2. Experimental details
A commercial (CrysTec GmbH, Berlin, Germany) single side polished LSAT single crystal has been characterized by spectroscopic ellipsometry from which spectra in ε and N are extracted. A rotating compensator multichannel ellipsometer (J. A. Woollam Co., M-2000) [12,13] is used to measure the spectral range from 0.742 to 5.887 eV (1671 to 211 nm) over 300 optical cycles to collect 695 spectral points. The sample has also been measured over the spectral range from 0.033 to 0.742 eV (38 to 1.7 μm) using a Fourier transform infrared (FTIR) ellipsometer (J. A. Woollam Co., FTIR-VASE) also based upon rotating compensator principles [13] with data collected over 50 optical cycles at 4 cm−1 spectral resolution. In both cases, the sample is measured at room temperature at a single angle of incidence of 70° as it is cubic and optically isotropic. Depolarization spectra also collected range from less than 1.5% below the band gap into the near infrared and increases to 2.5% prior to significant absorption due to vibrational modes. These low values indicate that the unpolished side of the LSAT single crystal is sufficiently scattering over the transparent range of the sample.

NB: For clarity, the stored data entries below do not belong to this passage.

-- ===== src/Store/Disk.antt =====
-- The file of the backup and the variable `bkp_tree` (backupSession.c). The XML library stands outside the repository:
-- what mxmlSaveFile writes for a tree and what mxmlLoadFile makes of a file are arguments, and so is the file that
-- holds the text CWMP_BACKUP_SESSION. That fopen fails is left out.
use icwmp.Prelude.{Bool, true, false, ◌&&◌, Option, none, some, if◌then◌else◌}
use icwmp.Prelude.Text.{Text, codes, str_eq}
use icwmp.Store.Loading.{Queues}
use icwmp.Store.Node.{Node, null, element, text}
use icwmp.Store.Reload.{BackupLoading, cwmp_load_saved_session}

-- The walk over the whole tree; `parent` is the name of the node that the siblings stand in.
unfoldable pub move_inform : Text → Text → Text → Node → Node
move_inform from into parent null = null
move_inform from into parent (text v n) = text v (move_inform from into parent n)
move_inform from into parent (element m c n) =
    element (if str_eq m from && str_eq parent (codes "cwmp") then into else m)
      (move_inform from into m c) (move_inform from into parent n)

unfoldable pub bkp_session_move_inform_to_inform_send : Node → Node
unfolding move_inform
bkp_session_move_inform_to_inform_send =
    move_inform (codes "queue_event") (codes "send_event") (codes "cwmp")

unfoldable pub bkp_session_move_inform_to_inform_queue : Node → Node
unfolding move_inform
bkp_session_move_inform_to_inform_queue =
    move_inform (codes "send_event") (codes "queue_event") (codes "cwmp")

-- `file` is none where there is no file, and `bkp_tree` is none for NULL.
pub record Disk (F : Type 0) : Type 0 where
  pub file : Option F
  pub bkp_tree : Option Node

module _ {F : Type 0} (save : Node → F) (load : F → Option Node) (blank : F) where
  unfoldable pub bkp_session_save : Disk F → Disk F
  bkp_session_save d = elim d.bkp_tree [ none ↦ d | some t ↦ record d { file = some (save t) } ]

  unfoldable pub bkp_session_create_file : Disk F → Disk F
  bkp_session_create_file d = record { file = some blank; bkp_tree = some null }

  -- From the second test for NULL on: the status is `false` for -1.
  unfoldable pub check_tree : Disk F → Option Node → Bool × Disk F
  unfolding bkp_session_save bkp_session_create_file bkp_session_move_inform_to_inform_queue
  check_tree d none = (false, bkp_session_create_file d)
  check_tree d (some t) = (
    true,
    bkp_session_save (record d { bkp_tree = some (bkp_session_move_inform_to_inform_queue t) }),
  )

  unfoldable pub bkp_session_check_file : Disk F → Bool × Disk F
  unfolding check_tree bkp_session_create_file
  bkp_session_check_file d = elim d.file [
    | none ↦ (false, bkp_session_create_file d)
    | some f ↦ elim d.bkp_tree [ none ↦ check_tree d (load f) | some t ↦ check_tree d (some t) ]
  ]

  -- The second half of cwmp_init_backup_session.
  unfoldable pub load_checked :
      Option Text
      → Queues
      → Option Text
      → BackupLoading
      → Bool × Disk F
      → (Option Text × Queues) × Disk F
  unfolding cwmp_load_saved_session
  load_checked softwareversion s ret kind (false, d) = ((ret, s), d)
  load_checked softwareversion s ret kind (true, d) = elim d.bkp_tree [
    | some t ↦ (cwmp_load_saved_session softwareversion t s ret kind, d)
    | none ↦ ((ret, s), d)
  ]

  unfoldable pub cwmp_init_backup_session :
      Option Text → Disk F → Queues → Option Text → BackupLoading → (Option Text × Queues) × Disk F
  unfolding bkp_session_check_file load_checked
  cwmp_init_backup_session softwareversion d s ret kind =
      load_checked softwareversion s ret kind (bkp_session_check_file d)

A divided spectral range analysis [14,15] is applied over the near infrared to the near ultraviolet range, 0.742 to 5.887 eV, to determine the surface layer thickness on semi-infinite bulk LSAT. A Sellmeier oscillator [16] and a constant additive term to ε1 is used to represent ε for semi-infinite LSAT in the 0.742 to 4.681 eV spectral range since strong absorption features are not present. An oscillator assuming critical points with parabolic bands [17] is used to represent ε from 5.322 to 5.887 eV where above band gap electronic transitions are expected. The data collected between these two ranges, 4.681 to 5.322 eV, is near the absorption onset or band edge, and no assumption is made about the shape of ε2 in this weakly absorbing region. Spectra in ε for the surface layer is represented using a Bruggeman effective medium approximation [18] consisting of 0.5 bulk LSAT and 0.5 void volume fractions. This surface layer may consist of effects from both surface protrusions and contaminants, which are not separately accounted for here. An unweighted error function, σ, is used in all least squares regression analyses [19] to deduce the common surface layer thickness of the LSAT sample and parameters describing ε over each respective range.
3. Results and discussion
The surface layer of the polished side of the LSAT single crystal is determined to be 14.93 ± 0.07 Å thick from the divided spectral range analysis, consistent with Ref [4]. After obtaining and fixing this value, numerical inversion [20] is performed over the full 0.742 to 5.887 eV range to obtain ε. Figure 1(a) compares the experimental ellipsometric spectra [sin(2Ψ)sin(Δ), sin(2Ψ)cos(Δ), and cos(2Ψ)] with the fit generated using the parametric models in the divided spectral range analysis. The resultant ε obtained by numerical inversion and parametric ε for LSAT over each spectral range are also shown in Fig. 1(b). There is good agreement between inverted spectra in ε and the respective parametric models applied in the non-absorbing (0.742 to 4.681 eV) and above gap (5.322 to 5.887 eV) spectral ranges. The inverted spectra in ε is continuous across the full measured spectral range, including the region from 4.681 to 5.322 eV ignored in the parametric divided spectral range fit.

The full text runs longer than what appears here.